I need to parse an xml document that I receive from a third party using php. I am not able to ask the maintainers of the document to fix its structure. When I parse the document using simplexml_load_file
the XML documen is empty.
Here is a stripped down example of what I am seeing.
my-file.xml:
<?xml version="1.0" encoding="utf-8"?>
<DataSet>
<diffgr:diffgram xmlns:diffgr="urn:schemas-microsoft-com:xml-diffgram-v1">
aaa
</diffgr:diffgram>
</DataSet>
And I process it like this (from the command line):
php > $xml = simplexml_load_file('my-file.xml');
php > print_r($xml);
SimpleXMLElement Object
(
)
I was expecting that the xml structure is displayed through print_r
.
Indeed, when I remove the namespace declaration, things seem to work (despite some expected XML parse warnings):
my-file-nonamespace.xml:
<?xml version="1.0" encoding="utf-8"?>
<DataSet>
<diffgr:diffgram>
aaa
</diffgr:diffgram>
</DataSet>
Processing it the same way on the command line (with warnings removed):
php > $xml = simplexml_load_file('my-file-nonamespace.xml');
// a bunch of xml parse warnings
php > print_r($xml);
SimpleXMLElement Object
(
[diffgr:diffgram] =>
aaa
)
So, the problem has to do with an invalid namespace declaration. I can probably use a regular expression on the file to remove the namespace declaration before parsing, but that is not a direction I want to go.

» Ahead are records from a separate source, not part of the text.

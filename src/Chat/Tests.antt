-- ===== src/Chat/Tests.antt =====
-- The gateway on a database in memory: the theorems at concrete inputs, and runs of the handlers.
use munichat.Prelude.{ℕ, ◌≡◌, refl, true, Option, none, some, List, [], ◌∷◌, ◌++◌, if◌then◌else◌}
use munichat.Text.{Text, lit, text_eq, show}
use munichat.Shared.{
  UserSummary, MessageDto, MessageType, MemberRole, SendMessageRequest, EditMessageRequest,
  DeleteMessageRequest, parse_send, parse_edit,
}
use munichat.Store.{patched, User, MessageRow, ChannelMember}
use munichat.Store.Memory.{Memory, memory}
use munichat.Server.{Socket, World, ok, ◌>>=◌}
use munichat.Channels.{is_member}
use munichat.Messages.{Env, ticket_description}
use munichat.Messages.Deleted.{IsTombstone}
use munichat.Chat.Gateway.{
  MessageMutationAck, handle_message_send, handle_message_edit, handle_message_delete,
}
use munichat.Chat.Events.{Event, run, edit, delete}
use munichat.Chat.Guards.{send_acknowledged, edit_acknowledged, delete_acknowledged, to_others}
use munichat.Chat.Broadcasts.{to_room, Holds}
use munichat.Chat.Outcomes.{edit_succeeds, delete_succeeds, IsScrubbed}
use munichat.Chat.Tombstones.{run-IsTombstone}

abbrev ann : User
ann = record {
  id = lit "u1";
  username = lit "ann";
  display_name = lit "Ann";
  avatar_url = none;
  is_active = true;
  token_version = 0;
}

abbrev socket : Socket
socket = record { id = lit "s1"; user = ann }

abbrev hello : MessageRow
hello = record {
  id = lit "m1";
  channel_id = lit "ti";
  author_id = lit "u1";
  content = lit "hello";
  type = MessageType.text;
  reply_to_id = none;
  edited_at = none;
  deleted_at = none;
  created_at = 5;
}

abbrev gone : MessageRow
gone = record hello { id = lit "m2"; content = []; deleted_at = some 7 }

abbrev membership : ChannelMember
membership = record {
  user_id = lit "u1";
  channel_id = lit "ti";
  role = MemberRole.member;
  last_read_message_id = none;
  last_read_at = none;
}

abbrev stored : Text → Option MessageRow
stored id =
    if text_eq id (lit "m1") then some hello else if text_eq id (lit "m2") then some gone else none

abbrev world : World Memory
world = record {
  db = record {
    rows = stored;
    members = λ u c. if text_eq c (lit "ti") then some membership else none;
    user = ann;
    next = 9;
    alerts = λ id. none;
    tickets = λ id. none;
    previews = λ id. none;
  };
  emitted = [];
  jobs = [];
  requests = [];
  replies = [];
  session_token = none;
  now = 100;
}

abbrev env : Env
env = record { glpi_url = lit "https://glpi"; to_iso_string = λ t. [] }

abbrev no_files : Text → Option ℕ
no_files key = none

abbrev to : Text → Text → Option SendMessageRequest
to channel content =
    some (record { channel_id = channel; content = content; reply_to_id = none; attachments = [] })

abbrev rewrite : Text → Text → Option EditMessageRequest
rewrite id content = some (record { message_id = id; content = content })

abbrev remove : Text → Option DeleteMessageRequest
remove id = some (record { message_id = id })

abbrev events : List Event
events =
    edit socket (rewrite (lit "m1") (lit " hi "))
    ∷ delete socket (remove (lit "m1"))
    ∷ edit socket (rewrite (lit "m1") (lit "back"))
    ∷ []

run-IsTombstone_example :
    (r' : MessageRow) × (memory.find_row (run memory env no_files events world).db (lit "m2")
      ≡ some r')
    × IsTombstone r'
run-IsTombstone_example =
    run-IsTombstone memory env no_files events world (lit "m2") gone refl
      (record { deleted = λ e. (cc e); blank = refl })

abbrev author_summary : UserSummary
author_summary = record {
  id = lit "u1";
  username = lit "ann";
  display_name = lit "Ann";
  avatar_url = none;
}

abbrev shown : Text → Text → Option Text → Option Text → MessageDto
shown id content edited deleted = record {
  id = id;
  channel_id = lit "ti";
  author_id = lit "u1";
  content = content;
  type = MessageType.text;
  reply_to_id = none;
  edited_at = edited;
  deleted_at = deleted;
  created_at = [];
  author = author_summary;
  attachments = [];
  link_preview = none;
  ticket_ref = none;
  reply_to = none;
}

abbrev outsider : SendMessageRequest
outsider = record { channel_id = lit "rh"; content = lit "x"; reply_to_id = none; attachments = [] }

abbrev after_send : World Memory
after_send = (handle_message_send memory env no_files socket (to (lit "ti") (lit " yo")) world).1

send_acknowledged_example :
    (request : SendMessageRequest) × (parse_send (to (lit "ti") (lit " yo")) ≡ some request)
    × (is_member memory world.db (lit "u1") request.channel_id ≡ true)
    × (after_send.emitted
        ≡ [] ++ to_others socket request.channel_id (shown (lit "m9") (lit "yo") none none) ∷ [])
unfolding handle_message_send ticket_description show ◌>>=◌
send_acknowledged_example =
    send_acknowledged memory env no_files socket (to (lit "ti") (lit " yo")) world after_send
      (shown (lit "m9") (lit "yo") none none) refl

abbrev after_edit : World Memory
after_edit =
    (handle_message_edit memory env no_files socket (rewrite (lit "m1") (lit " hi ")) world).1

edit_acknowledged_example :
    (request : EditMessageRequest) × (r : MessageRow) × (parse_edit
        (rewrite (lit "m1") (lit " hi "))
      ≡ some request)
    × (memory.find_row world.db request.message_id ≡ some r)
    × (r.author_id ≡ lit "u1")
    × (r.deleted_at ≡ none)
    × (after_edit.emitted ≡ [] ++ to_room (shown (lit "m1") (lit "hi") (some []) none) ∷ [])
    × Holds memory env no_files request.message_id after_edit
        (shown (lit "m1") (lit "hi") (some []) none)
        (λ r'. (r'.content ≡ request.content) × (r'.edited_at ≡ some world.now))
unfolding handle_message_edit patched ◌>>=◌
edit_acknowledged_example =
    edit_acknowledged memory env no_files socket (rewrite (lit "m1") (lit " hi ")) world after_edit
      (shown (lit "m1") (lit "hi") (some []) none) refl

abbrev after_delete : World Memory
after_delete = (handle_message_delete memory env no_files socket (remove (lit "m1")) world).1

delete_acknowledged_example :
    (request : DeleteMessageRequest) × (r : MessageRow) × (remove (lit "m1") ≡ some request)
    × (memory.find_row world.db request.message_id ≡ some r)
    × (r.author_id ≡ lit "u1")
    × (after_delete.emitted ≡ [] ++ to_room (shown (lit "m1") [] none (some [])) ∷ [])
    × Holds memory env no_files request.message_id after_delete
        (shown (lit "m1") [] none (some []))
        IsTombstone
unfolding handle_message_delete patched ◌>>=◌
delete_acknowledged_example =
    delete_acknowledged memory env no_files socket (remove (lit "m1")) world after_delete
      (shown (lit "m1") [] none (some [])) refl

edit_succeeds_example :
    (dto : MessageDto) × (w' : World Memory) × (r' : MessageRow) × (handle_message_edit memory env
        no_files socket
        (rewrite (lit "m1") (lit " hi "))
        world
      ≡ (ok (MessageMutationAck.message dto), w'))
    × (dto.content ≡ lit "hi")
    × (memory.find_row w'.db (lit "m1") ≡ some r')
    × (r'.content ≡ lit "hi")
    × (r'.deleted_at ≡ none)
unfolding parse_edit
edit_succeeds_example =
    edit_succeeds memory env no_files socket (rewrite (lit "m1") (lit " hi "))
      (record { message_id = lit "m1"; content = lit "hi" }) hello world refl refl refl refl

delete_succeeds_example :
    (dto : MessageDto) × (w' : World Memory) × (r' : MessageRow) × (handle_message_delete memory env
        no_files socket
        (remove (lit "m1"))
        world
      ≡ (ok (MessageMutationAck.message dto), w'))
    × IsScrubbed dto
    × (w'.emitted ≡ [] ++ to_room dto ∷ [])
    × (memory.find_row w'.db (lit "m1") ≡ some r')
    × IsTombstone r'
delete_succeeds_example =
    delete_succeeds memory env no_files socket (lit "m1") hello world refl refl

What is the best way to properly parse the first document in PHP?
The issue is not that the data isn't loaded, but the fact that the child elements are in a different namespace.
$xml = simplexml_load_file('my-file.xml');
var_dump($xml->children("diffgr", true));
This selects the children from a specific namespace from the current element.
Note that you should use the URI as the prefix may change, but this is just to show that the data is there.
Edit: If the XML has issues, then the first stage is to ignore the errors and then check what is loaded ...
libxml_use_internal_errors(true);
$xml = simplexml_load_file('my-file.xml');
echo $xml->asXML();
This will give you an idea of what state the result is and even if it loads. A quick example is...
libxml_use_internal_errors(true);
$xml = simplexml_load_file('my-file.xml');
echo $xml->asXML();
var_dump($xml->children());
With..
<?xml version="1.0" encoding="utf-8"?>
<DataSet>
<diffgr:diffgram>
aaa
</diffgr:diffgram>
</DataSet>
Notice how the namespace is there, but the namespace isn't declared. The output is...
<?xml version="1.0" encoding="utf-8"?>
<DataSet>
<diffgr:diffgram>
aaa
</diffgr:diffgram>
</DataSet>
/home/nigel/workspace2/Test/t1.php:22:
class SimpleXMLElement#2 (1) {
public $diffgr:diffgram =>
string(11) "
aaa
"
}
This outputs the children without having to use the namespace.